» EXCERPTED DATA:

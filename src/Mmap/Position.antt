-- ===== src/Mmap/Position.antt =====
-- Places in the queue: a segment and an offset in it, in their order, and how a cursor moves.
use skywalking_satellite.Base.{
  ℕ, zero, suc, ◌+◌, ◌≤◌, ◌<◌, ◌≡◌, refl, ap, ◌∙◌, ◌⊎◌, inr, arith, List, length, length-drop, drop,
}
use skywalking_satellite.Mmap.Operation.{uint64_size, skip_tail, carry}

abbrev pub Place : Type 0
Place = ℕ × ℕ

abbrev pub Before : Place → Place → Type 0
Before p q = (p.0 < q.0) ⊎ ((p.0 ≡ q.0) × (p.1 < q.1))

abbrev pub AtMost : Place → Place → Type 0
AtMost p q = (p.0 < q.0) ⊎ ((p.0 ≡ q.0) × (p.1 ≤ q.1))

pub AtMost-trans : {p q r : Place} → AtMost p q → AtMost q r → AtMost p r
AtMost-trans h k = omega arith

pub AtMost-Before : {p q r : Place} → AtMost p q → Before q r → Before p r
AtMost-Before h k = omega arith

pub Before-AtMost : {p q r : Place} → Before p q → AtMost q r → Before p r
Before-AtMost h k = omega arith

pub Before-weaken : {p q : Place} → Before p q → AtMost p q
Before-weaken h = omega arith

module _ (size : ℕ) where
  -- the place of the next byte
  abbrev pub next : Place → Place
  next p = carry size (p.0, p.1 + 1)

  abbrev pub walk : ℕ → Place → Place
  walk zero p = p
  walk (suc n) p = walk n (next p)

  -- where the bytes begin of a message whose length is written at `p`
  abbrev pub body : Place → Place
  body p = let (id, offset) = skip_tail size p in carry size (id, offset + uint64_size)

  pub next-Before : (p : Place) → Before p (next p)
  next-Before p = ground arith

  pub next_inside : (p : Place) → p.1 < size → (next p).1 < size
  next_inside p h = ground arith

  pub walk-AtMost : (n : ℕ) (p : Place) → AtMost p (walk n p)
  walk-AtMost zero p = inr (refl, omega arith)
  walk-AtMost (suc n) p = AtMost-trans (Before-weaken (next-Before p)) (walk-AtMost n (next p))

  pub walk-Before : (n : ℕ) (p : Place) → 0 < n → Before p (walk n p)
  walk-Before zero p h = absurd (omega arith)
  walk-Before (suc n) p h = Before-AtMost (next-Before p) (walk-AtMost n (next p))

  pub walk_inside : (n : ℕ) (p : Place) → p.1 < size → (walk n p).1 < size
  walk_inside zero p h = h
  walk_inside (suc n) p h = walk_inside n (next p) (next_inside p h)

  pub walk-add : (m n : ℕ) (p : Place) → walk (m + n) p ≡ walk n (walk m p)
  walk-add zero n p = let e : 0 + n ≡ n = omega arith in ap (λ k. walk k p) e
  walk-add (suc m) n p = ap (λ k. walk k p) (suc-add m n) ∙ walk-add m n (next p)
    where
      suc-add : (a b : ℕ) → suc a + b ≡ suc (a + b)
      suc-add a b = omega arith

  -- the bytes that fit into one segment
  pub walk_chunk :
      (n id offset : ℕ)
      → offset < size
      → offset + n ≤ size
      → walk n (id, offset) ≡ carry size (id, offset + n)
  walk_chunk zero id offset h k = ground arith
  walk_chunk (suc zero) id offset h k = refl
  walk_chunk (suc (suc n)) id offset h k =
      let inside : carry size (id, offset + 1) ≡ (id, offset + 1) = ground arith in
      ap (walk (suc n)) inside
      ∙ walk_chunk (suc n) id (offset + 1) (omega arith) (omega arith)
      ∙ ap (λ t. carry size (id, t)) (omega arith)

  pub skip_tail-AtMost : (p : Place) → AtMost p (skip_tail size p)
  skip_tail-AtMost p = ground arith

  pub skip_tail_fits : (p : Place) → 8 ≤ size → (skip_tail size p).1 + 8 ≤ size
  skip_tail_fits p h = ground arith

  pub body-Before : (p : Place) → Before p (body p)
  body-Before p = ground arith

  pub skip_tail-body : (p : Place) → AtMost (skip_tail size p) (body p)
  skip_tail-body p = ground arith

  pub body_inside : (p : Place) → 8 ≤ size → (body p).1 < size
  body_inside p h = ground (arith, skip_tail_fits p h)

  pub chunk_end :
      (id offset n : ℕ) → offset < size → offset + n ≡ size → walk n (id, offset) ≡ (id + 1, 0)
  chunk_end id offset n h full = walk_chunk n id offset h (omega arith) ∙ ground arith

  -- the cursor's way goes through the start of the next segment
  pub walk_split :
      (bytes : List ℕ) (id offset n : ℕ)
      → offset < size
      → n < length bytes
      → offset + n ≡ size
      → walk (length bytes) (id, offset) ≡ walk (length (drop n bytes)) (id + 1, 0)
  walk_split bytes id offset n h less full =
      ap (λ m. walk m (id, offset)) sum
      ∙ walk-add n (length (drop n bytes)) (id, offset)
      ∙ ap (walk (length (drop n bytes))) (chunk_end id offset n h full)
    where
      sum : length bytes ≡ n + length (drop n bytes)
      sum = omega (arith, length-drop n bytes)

» TASK DETAILS:
Could you repeat exactly the lines above from the line with "abbrev pub walk : ℕ → Place → Place" up to and including the line with "offset + n)", and only those?

» RESULT OF THIS TASK:
  abbrev pub walk : ℕ → Place → Place
  walk zero p = p
  walk (suc n) p = walk n (next p)

  -- where the bytes begin of a message whose length is written at `p`
  abbrev pub body : Place → Place
  body p = let (id, offset) = skip_tail size p in carry size (id, offset + uint64_size)

  pub next-Before : (p : Place) → Before p (next p)
  next-Before p = ground arith

  pub next_inside : (p : Place) → p.1 < size → (next p).1 < size
  next_inside p h = ground arith

  pub walk-AtMost : (n : ℕ) (p : Place) → AtMost p (walk n p)
  walk-AtMost zero p = inr (refl, omega arith)
  walk-AtMost (suc n) p = AtMost-trans (Before-weaken (next-Before p)) (walk-AtMost n (next p))

  pub walk-Before : (n : ℕ) (p : Place) → 0 < n → Before p (walk n p)
  walk-Before zero p h = absurd (omega arith)
  walk-Before (suc n) p h = Before-AtMost (next-Before p) (walk-AtMost n (next p))

  pub walk_inside : (n : ℕ) (p : Place) → p.1 < size → (walk n p).1 < size
  walk_inside zero p h = h
  walk_inside (suc n) p h = walk_inside n (next p) (next_inside p h)

  pub walk-add : (m n : ℕ) (p : Place) → walk (m + n) p ≡ walk n (walk m p)
  walk-add zero n p = let e : 0 + n ≡ n = omega arith in ap (λ k. walk k p) e
  walk-add (suc m) n p = ap (λ k. walk k p) (suc-add m n) ∙ walk-add m n (next p)
    where
      suc-add : (a b : ℕ) → suc a + b ≡ suc (a + b)
      suc-add a b = omega arith

  -- the bytes that fit into one segment
  pub walk_chunk :
      (n id offset : ℕ)
      → offset < size
      → offset + n ≤ size
      → walk n (id, offset) ≡ carry size (id, offset + n)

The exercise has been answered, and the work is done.